When working with multi-threading, explicitness is good. So I'm going to break down each and every piece.
"Will dereferencing pointers always cause memory access."
No. Consider the expression statement (void)*p
. The *p
performs indirection. From [expr.unary.op]:
The unary * operator performs indirection: the expression to which it is applied shall be a pointer to an
object type, or a pointer to a function type and the result is an lvalue referring to the object or function
to which the expression points.
So the result is an lvalue reference. That, on its own, is not sufficient to cause a "read" of the data pointed to by p. In the above example, I explicitly throw away the result, so there's no reason to read the memory.
Of course, one might argue that the memory of p
is read.

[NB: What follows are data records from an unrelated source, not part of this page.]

-- ===== src/Events/Runs.antt =====
-- Runs of the goroutines of internal/events/triggers.go in any order.
use graphpost.Prelude.{
  ℕ, ◌+◌, ◌≤◌, String, List, [], ◌∷◌, ◌++◌, Bool, true, false, none, arith, ◌≡◌, inl, inr, refl,
  ◌==◌, eq_iff, eqb, if◌then◌else◌, length, All, All-append, not, ◌&&◌, ltb, Bool-cases,
  Option-cases,
}
use graphpost.Json.{Fields}
use graphpost.Maps.{GoMap, lookup, keys, count, lookup-none_of_count}
use graphpost.Events.Table.{
  pending, Row, Event, EventTrigger, TriggerManager, EventsConfig, register_trigger,
  unregister_trigger, fetch_pending_events, start_delivery, queue_capacity,
}
use graphpost.Events.Delivery.{
  WebhookRequest, Reply, deliver_event, redeliver_event, Invoked, not_enabled, waits, queued,
  invoke_event_trigger,
}
use graphpost.Events.Held.{ids, count-append, ids-append, Held, IsConsistent}
use graphpost.Events.Deliveries.{
  start_delivery-IsConsistent, deliver_event-IsConsistent, redeliver_event-IsConsistent,
}
use graphpost.Events.Fetch.{taken, fetch_pending_events-IsConsistent}

-- A new id: of no row and of no event in flight.
abbrev pub is_fresh : String → TriggerManager → Bool
is_fresh id tm =
    eqb (count id (keys tm.rows) + (count id (ids tm.working) + count id (ids tm.event_queue))) 0

-- What can happen next. `inserted` is a row that the trigger of the database writes.
pub data Action : Type 0 where
  registered : Bool → EventTrigger → Action
  unregistered : Bool → String → Action
  inserted : String → Row → Action
  fetched : (String → Bool) → Action
  started : Action
  finished : ℕ → Action
  redelivered : String → Action
  invoked : String → ℕ → String → Fields → Action

-- A manager with nothing in it.
abbrev pub idle_manager : TriggerManager
idle_manager = record { triggers = []; rows = []; event_queue = []; working = [] }

abbrev new_row : Row → Row
new_row row = record row { status = pending; retry_count = 0; last_error = none }

abbrev invoke_result : TriggerManager → Invoked → TriggerManager
invoke_result tm (queued tm') = tm'
invoke_result tm _ = tm

module _ (cfg : EventsConfig) (http : WebhookRequest → Reply) where
  -- The database works, and it and the clock give new ids.
  unfoldable pub act : Action → TriggerManager → TriggerManager
  act (registered created trigger) tm = (register_trigger created trigger tm).1
  act (unregistered dropped name) tm = (unregister_trigger dropped name tm).1
  act (inserted id row) tm =
      if is_fresh id tm then record tm { rows = tm.rows ++ ((id, new_row row) ∷ []) } else tm
  act (fetched scans) tm = fetch_pending_events (taken scans) tm
  act started tm = start_delivery tm
  act (finished n) tm = deliver_event cfg http true n tm
  act (redelivered id) tm = (redeliver_event true id tm).1
  act (invoked uuid now name payload) tm =
      if is_fresh uuid tm
      then invoke_result tm (invoke_event_trigger cfg uuid now name payload tm)
      else tm

  unfoldable pub run : List Action → TriggerManager → TriggerManager
  run [] tm = tm
  run (action ∷ actions) tm = run actions (act action tm)

lookup-append_other :
    (id k : String) (row : Row) (rows : GoMap Row)
    → (id == k) ≡ false
    → lookup k (rows ++ ((id, row) ∷ [])) ≡ lookup k rows
unfolding lookup
lookup-append_other id k row [] other = rw other refl
lookup-append_other id k row ((j, r) ∷ rows) other =
    rw (lookup-append_other id k row rows other) refl

Held-append :
    (id : String) (row : Row) (rows : GoMap Row) (es : List Event)
    → count id (ids es) ≡ 0
    → All (Held rows) es
    → All (Held (rows ++ ((id, row) ∷ []))) es
unfolding count
Held-append id row rows [] absent h = tt
Held-append id row rows (e ∷ es) absent h =
    let other : (id == e.id) ≡ false = ground (arith, eq_iff e.id id, eq_iff id e.id) in
    (
      rw (lookup-append_other id e.id row rows other) h.0,
      Held-append id row rows es (ground arith) h.1,
    )

keys-append :
    (rows : GoMap Row) (id : String) (row : Row)
    → keys (rows ++ ((id, row) ∷ [])) ≡ keys rows ++ (id ∷ [])
keys-append [] id row = refl
keys-append (e ∷ rows) id row = rw (keys-append rows id row)

count-fresh :
    (k id : String) (l : List String)
    → count id l ≡ 0
    → count k l ≤ 1
    → count k (l ++ (id ∷ [])) ≤ 1
count-fresh k id l absent h = rw count-append (unfold count in ground (arith, eq_iff id k))

insert-IsConsistent :
    (id : String) (row : Row) {tm : TriggerManager}
    → is_fresh id tm ≡ true
    → IsConsistent tm
    → IsConsistent (record tm { rows = tm.rows ++ ((id, row) ∷ []) })
insert-IsConsistent id row {tm} fresh c = record {
  distinct = λ k. rw keys-append (count-fresh k id (keys tm.rows) (ground arith) (c.distinct k));
  once = c.once;
  at_work = Held-append id row tm.rows tm.working (ground arith) c.at_work;
  waiting = Held-append id row tm.rows tm.event_queue (ground arith) c.waiting;
}

queue_fresh :
    (e : Event) {tm : TriggerManager}
    → is_fresh e.id tm ≡ true
    → IsConsistent tm
    → IsConsistent (record tm { event_queue = tm.event_queue ++ (e ∷ []) })
queue_fresh e {tm} fresh c = record {
  distinct = c.distinct;
  once =
      λ k. rw (ids-append, count-append) (unfold count in ground (arith, c.once k, eq_iff e.id k));
  at_work = c.at_work;
  waiting =
      All-append (Held tm.rows) tm.event_queue (e ∷ []) c.waiting
        (inl (lookup-none_of_count e.id tm.rows (ground arith)), tt);
}

invoke-IsConsistent :
    (cfg : EventsConfig) (uuid : String) (now : ℕ) (name : String) (payload : Fields)
    {tm : TriggerManager}
    → is_fresh uuid tm ≡ true
    → IsConsistent tm
    → IsConsistent (invoke_result tm (invoke_event_trigger cfg uuid now name payload tm))
unfolding invoke_event_trigger
invoke-IsConsistent cfg uuid now name payload {tm} fresh c =
    elim (Option-cases (lookup name tm.triggers)) [
      | inl missing ↦ rw (invoke_result, missing) c
      | inr (trigger, found) ↦
          rw (invoke_result, found)
            (if-invoked (not trigger.enable_manual && not cfg.enable_manual_trigger)
              (ltb (length tm.event_queue) queue_capacity) _ c (queue_fresh _ fresh c))
    ]
  where
    if-invoked :
        (refused room : Bool) (next : TriggerManager)
        → IsConsistent tm
        → IsConsistent next
        → IsConsistent (
            invoke_result tm (if refused then not_enabled else if room then queued next else waits))
    if-invoked true room next h k = h
    if-invoked false true next h k = k
    if-invoked false false next h k = h

with_triggers :
    (triggers : GoMap EventTrigger) {tm : TriggerManager}
    → IsConsistent tm
    → IsConsistent (record tm { triggers = triggers })
with_triggers triggers c = record {
  distinct = c.distinct;
  once = c.once;
  at_work = c.at_work;
  waiting = c.waiting;
}

unregister_trigger-IsConsistent :
    (dropped : Bool) (name : String) {tm : TriggerManager}
    → IsConsistent tm
    → IsConsistent (unregister_trigger dropped name tm).1
unfolding unregister_trigger
unregister_trigger-IsConsistent dropped name {tm} c =
    elim (Option-cases (lookup name tm.triggers)) [
      | inl missing ↦ rw (unregister_trigger, missing) c
      | inr (trigger, found) ↦
          rw (unregister_trigger, found)
            (elim (Bool-cases dropped) [
              | inl gone ↦ rw gone (with_triggers _ c)
              | inr kept ↦ rw kept c
            ])
    ]

act-IsConsistent :
    (cfg : EventsConfig) (http : WebhookRequest → Reply) (action : Action) {tm : TriggerManager}
    → IsConsistent tm
    → IsConsistent (act cfg http action tm)
unfolding act register_trigger
act-IsConsistent cfg http (registered created trigger) c = with_triggers _ c
act-IsConsistent cfg http (unregistered dropped name) c =
    unregister_trigger-IsConsistent dropped name c
act-IsConsistent cfg http (inserted id row) {tm} c = elim (Bool-cases (is_fresh id tm)) [
  | inl fresh ↦ rw fresh (insert-IsConsistent id (new_row row) fresh c)
  | inr used ↦ rw used c
]
act-IsConsistent cfg http (fetched scans) c = fetch_pending_events-IsConsistent scans c
act-IsConsistent cfg http started c = start_delivery-IsConsistent c
act-IsConsistent cfg http (finished n) c = deliver_event-IsConsistent cfg http n c
act-IsConsistent cfg http (redelivered id) c = redeliver_event-IsConsistent id c
act-IsConsistent cfg http (invoked uuid now name payload) {tm} c =
    elim (Bool-cases (is_fresh uuid tm)) [
      | inl fresh ↦ rw fresh (invoke-IsConsistent cfg uuid now name payload fresh c)
      | inr used ↦ rw used c
    ]

run-from :
    (cfg : EventsConfig) (http : WebhookRequest → Reply) (actions : List Action)
    {tm : TriggerManager}
    → IsConsistent tm
    → IsConsistent (run cfg http actions tm)
unfolding run
run-from cfg http [] c = c
run-from cfg http (action ∷ actions) c =
    run-from cfg http actions (act-IsConsistent cfg http action c)

-- Whatever happens in whatever order, if the database works: no event is twice in flight, and the
-- row of an event in flight that is not a manual one is being processed, with the retries that the
-- event counts.
pub run-IsConsistent :
    (cfg : EventsConfig) (http : WebhookRequest → Reply) (actions : List Action)
    → IsConsistent (run cfg http actions idle_manager)
run-IsConsistent cfg http actions = run-from cfg http actions (record {
  distinct = λ k. unfold count in omega arith;
  once = λ k. unfold count in omega arith;
  at_work = tt;
  waiting = tt;
})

Just to be pedantic, I'd point out that's one interpretation of the word. However, an optimizing compiler can see that the lvalue pointed to by p
is not needed here, so it doesn't actually need to read/write the pointer at all.
Now what about in a multithread environment? The key to this is the "happens-before" relationship in [intro.multithread]. It's incredibly dry formal language, but the basic idea is that event A happens before event B if A is sequenced before B (in a single thread), or if A inter-thread-happens-before B. The latter is the fancy language lawyer speak for a tool used to capture the behavior of both synchronization primitives like mutexes and atomics.
If A does not happens-before B and B does not happens-before A, then the two events are not ordered with respect to eachother. This is what happens on two threads when you don't have anything like mutexes to force an ordering. If one event writes to a memory location and the other reads or writes to that address, the result is a data race. And a data race is undefined behavior: you get what you get. The spec does not have anything to say about what happens when that occurs. It doesn't say anything about whether it triggers a memory access or not... it says absolutely nothing about it.
As an effect of the rules codified in [intro.multithread], the compiler is effectively allowed to optimize its code as if a thread was operating in complete isolation unless a threading primitive (such as a mutex or atomic) forces otherwise. This includes all the usual elisions, such as not reading from memory if you don't have to.